Darauf wollte ich hinaus- die Menschen entscheiden unter Berücksichtigung von wirtschaftlichen und ideologischen Aspekten über Schmerz und Leid von Tieren. Das ganze wird dann noch unter dem Begriff "Hege" für Angler durch "Naturschutzverbände" als mögliche Ausnahmen legalisiert. DIe Leute, die für ihre Vereins-/ Verbandsgewässer gesonderte Mindestmaße und Schonzeiten - abweichend von der Binnenfischereiverordnung - festlegen, machen das unter dem Begriff "Hege" und entscheiden, darüber dass ein z.B. ein Zander zurückgesetzt werden muss, also Schmerz und Leid vom FIsch ertragen werden kann/ darf. Der Begriff Hege ist in dem Zusammenhang so zu sehen, dass das Gewässer für Angler einen möglichst guten Ertrag abgibt und man viele Erlaubnisscheine verkauft. Da müssen wir uns doch nichts vormachen. Das sind übrigens die Leute, die bei uns in einer Sitzung gesagt haben, der §39 im LFischG muss nicht geändert werden. Das ist alles krank!



Kolja Kreder schrieb:


> Was du sagst, ist nichts anderes als die Tatsache, dass Tierschutz ein Wohlstandsgedanke ist. Wenn es um das Überleben geht, spielt Tierschutz keine Rolle. Daher auch die Zugeständnisse an die Berufsfischerei. Ich teile deine Ansicht. Eine andere Frage ist aber, was innerhalb unserer Wohlstandsgesellschaft für die Angler durchsetzbar ist.

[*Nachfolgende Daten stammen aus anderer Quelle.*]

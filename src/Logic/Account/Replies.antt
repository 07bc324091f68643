-- ===== src/Logic/Account/Replies.antt =====
-- Registration and login answer each request once.
use nest_disk.Base.{ℤ, negsuc, pos, Text, not, text_eq, eq_ℤ, List, [], ◌∷◌, some, none, refl}
use nest_disk.Packet.{
  RegisterRq, LoginRq, register_rs, login_rs, register_error, register_success, user_is_exist,
  password_error, user_not_exist, login_success, max_path_size, max_size, def_content_size,
}
use nest_disk.Env.{pure, stop, call, made_dir, sprintf, copy_to, number_of, pop_front, ◌>>◌}
use nest_disk.Env.Views.{packets}
use nest_disk.Env.Replies.{
  Early, Once, Early-bind, Once-bind, Early-if, Once-if, send_data-Once, send_stop-Early,
  send_stop-Once, copy_to-Early, sprintf-Early, number_of-Early, pop_front-Early,
  select_mysql-Early, updata_mysql-Early,
}
use nest_disk.Mysql.{select_mysql, updata_mysql}
use nest_disk.Logic.Account.{
  make_user_dir, find_id, create_user, register_found, register_rq, let_in, login_answer,
  register_reply, login_found, login_rq, login_reply, keep_session, select_tel, insert_user,
  select_id, user_dir, select_password,
}

make_user_dir-Early : (fd : ℤ) (l : List Text) → Early fd (make_user_dir fd l)
unfolding make_user_dir packets
make_user_dir-Early fd [] = λ sys s. refl
make_user_dir-Early fd (t ∷ ts) = Early-bind fd (number_of t) _ (number_of-Early fd t) λ id.
    Early-bind fd (sprintf max_path_size (user_dir id)) _
      (sprintf-Early fd max_path_size (user_dir id))
      λ path.
        Early-bind fd (call (made_dir path) (λ sys. sys.mkdir)) _ (λ sys s. refl)
          λ r.
            Early-if fd (eq_ℤ r (negsuc 0)) (register_reply fd register_error >> stop) (pure tt)
              (send_stop-Early fd (register_rs (record { result = register_error })))
              (λ sys s. refl)

find_id-Early : (rq : RegisterRq) (fd : ℤ) → Early fd (find_id rq fd)
unfolding find_id
find_id-Early rq fd =
    Early-bind fd (sprintf def_content_size (select_id rq)) _
      (sprintf-Early fd def_content_size (select_id rq))
      λ sql. Early-bind fd (select_mysql sql 1 []) _ (select_mysql-Early fd sql 1 []) λ (found, l).
        Early-if fd (not found) (register_reply fd register_error >> stop) (make_user_dir fd l)
          (send_stop-Early fd (register_rs (record { result = register_error })))
          (make_user_dir-Early fd l)

create_user-Early : (rq : RegisterRq) (fd : ℤ) → Early fd (create_user rq fd)
unfolding create_user
create_user-Early rq fd =
    Early-bind fd (sprintf def_content_size (insert_user rq)) _
      (sprintf-Early fd def_content_size (insert_user rq))
      λ sql. Early-bind fd (updata_mysql sql) _ (updata_mysql-Early fd sql) λ res.
        Early-if fd (not res) (register_reply fd register_error >> stop) (find_id rq fd)
          (send_stop-Early fd (register_rs (record { result = register_error })))
          (find_id-Early rq fd)

register_found-Once : (rq : RegisterRq) (fd : ℤ) (l : List Text) → Once fd (register_found rq fd l)
unfolding register_found
register_found-Once rq fd [] =
    Once-bind fd (create_user rq fd) _ (create_user-Early rq fd)
      λ u. send_data-Once fd (register_rs (record { result = register_success }))
register_found-Once rq fd (t ∷ ts) =
    send_data-Once fd (register_rs (record { result = user_is_exist }))

-- A registration that does not end in a fault sends exactly one packet, to the client that asked,
-- whatever the database and the file system answer.
register_rq-Once : (rq : RegisterRq) (fd : ℤ) → Once fd (register_rq rq fd)
unfolding register_rq
register_rq-Once rq fd =
    Once-bind fd (sprintf def_content_size (select_tel rq)) _
      (sprintf-Early fd def_content_size (select_tel rq))
      λ sql. Once-bind fd (select_mysql sql 1 []) _ (select_mysql-Early fd sql 1 []) λ (res, l).
        Once-if fd (not res) (register_reply fd register_error >> stop) (register_found rq fd l)
          (send_stop-Once fd (register_rs (record { result = register_error })))
          (register_found-Once rq fd l)

let_in-Once : (fd : ℤ) (id : ℤ) (name : Text) → Once fd (let_in fd id name)
unfolding let_in keep_session packets
let_in-Once fd id name =
    Once-bind fd (copy_to max_size name) _ (copy_to-Early fd max_size name) λ copied sys s.
      (login_rs (record { result = login_success; userid = id; name = some copied }), refl)

login_found-Once : (rq : LoginRq) (fd : ℤ) (l : List Text) → Once fd (login_found rq fd l)
unfolding login_found
login_found-Once rq fd l = Once-bind fd (pop_front l) _ (pop_front-Early fd l) λ (pass, l1).
    Once-bind fd (pop_front l1) _ (pop_front-Early fd l1) λ (t, l2).
      Once-bind fd (number_of t) _ (number_of-Early fd t) λ id.
        Once-bind fd (pop_front l2) _ (pop_front-Early fd l2) λ (name, l3).
          Once-if fd (not (text_eq rq.password pass))
            (login_reply fd password_error (pos 0) none >> stop) (let_in fd id name)
            (send_stop-Once fd
              (login_rs (record { result = password_error; userid = pos 0; name = none })))
            (let_in-Once fd id name)

login_answer-Once : (rq : LoginRq) (fd : ℤ) (l : List Text) → Once fd (login_answer rq fd l)
unfolding login_answer
login_answer-Once rq fd [] =
    send_data-Once fd (login_rs (record { result = user_not_exist; userid = pos 0; name = none }))
login_answer-Once rq fd (t ∷ ts) = login_found-Once rq fd (t ∷ ts)

-- A login that does not end in a fault sends exactly one packet, to the client that asked.
login_rq-Once : (rq : LoginRq) (fd : ℤ) → Once fd (login_rq rq fd)
unfolding login_rq
login_rq-Once rq fd =
    Once-bind fd (sprintf def_content_size (select_password rq)) _
      (sprintf-Early fd def_content_size (select_password rq))
      λ sql.
        Once-bind fd (select_mysql sql 3 []) _ (select_mysql-Early fd sql 3 [])
          λ (res, l). login_answer-Once rq fd l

Ich denke hier ist nicht mehr viel zu verändern. Wenn "unsere" Verbände jahrelang in die falsche Richtung marschiert sind und es keine Gegenwehr gab, haben die Ideologen ihre Ausführungen in der Gesellschaft eingebrannt. Dann komm mal um die Ecke und erzähle was von Fische zurücksetzen... Ich denke an dieser thematik erkennt man einfach einmal mehr, dass "unsere" Vertreter halt versagt haben bzw. nicht Anglerinteressen, sondern lediglich ihre eigenen Ansichten durchsetzen. Die Erfahrung zeigt, dass die Ansichten häufig nicht den Ansichten der Angler entsprechen. Auch wenn der Aufschrei sehr verhalten ist, so gibt es viele Angler die Regelungen einfach nur als sinnlos empfinden und sich nicht daran halten. Dann liest oder hört man so Sätze wie "aus den Fingern gerutscht". Und diesen Satz lese ich verdammt oft in Fangberichten!


----------



## Gelöschtes Mitglied 196769 (14. Januar 2019)

[


----------



## Uzz (14. Januar 2019)

MarkusZ schrieb:


> Solange deutsche Gerichte glauben, dass  Angler auch nur so das Überleben ihrer Familen sicherstellen können geht der Ansatz mit dem Nahrungserwerb  noch in Ordnung.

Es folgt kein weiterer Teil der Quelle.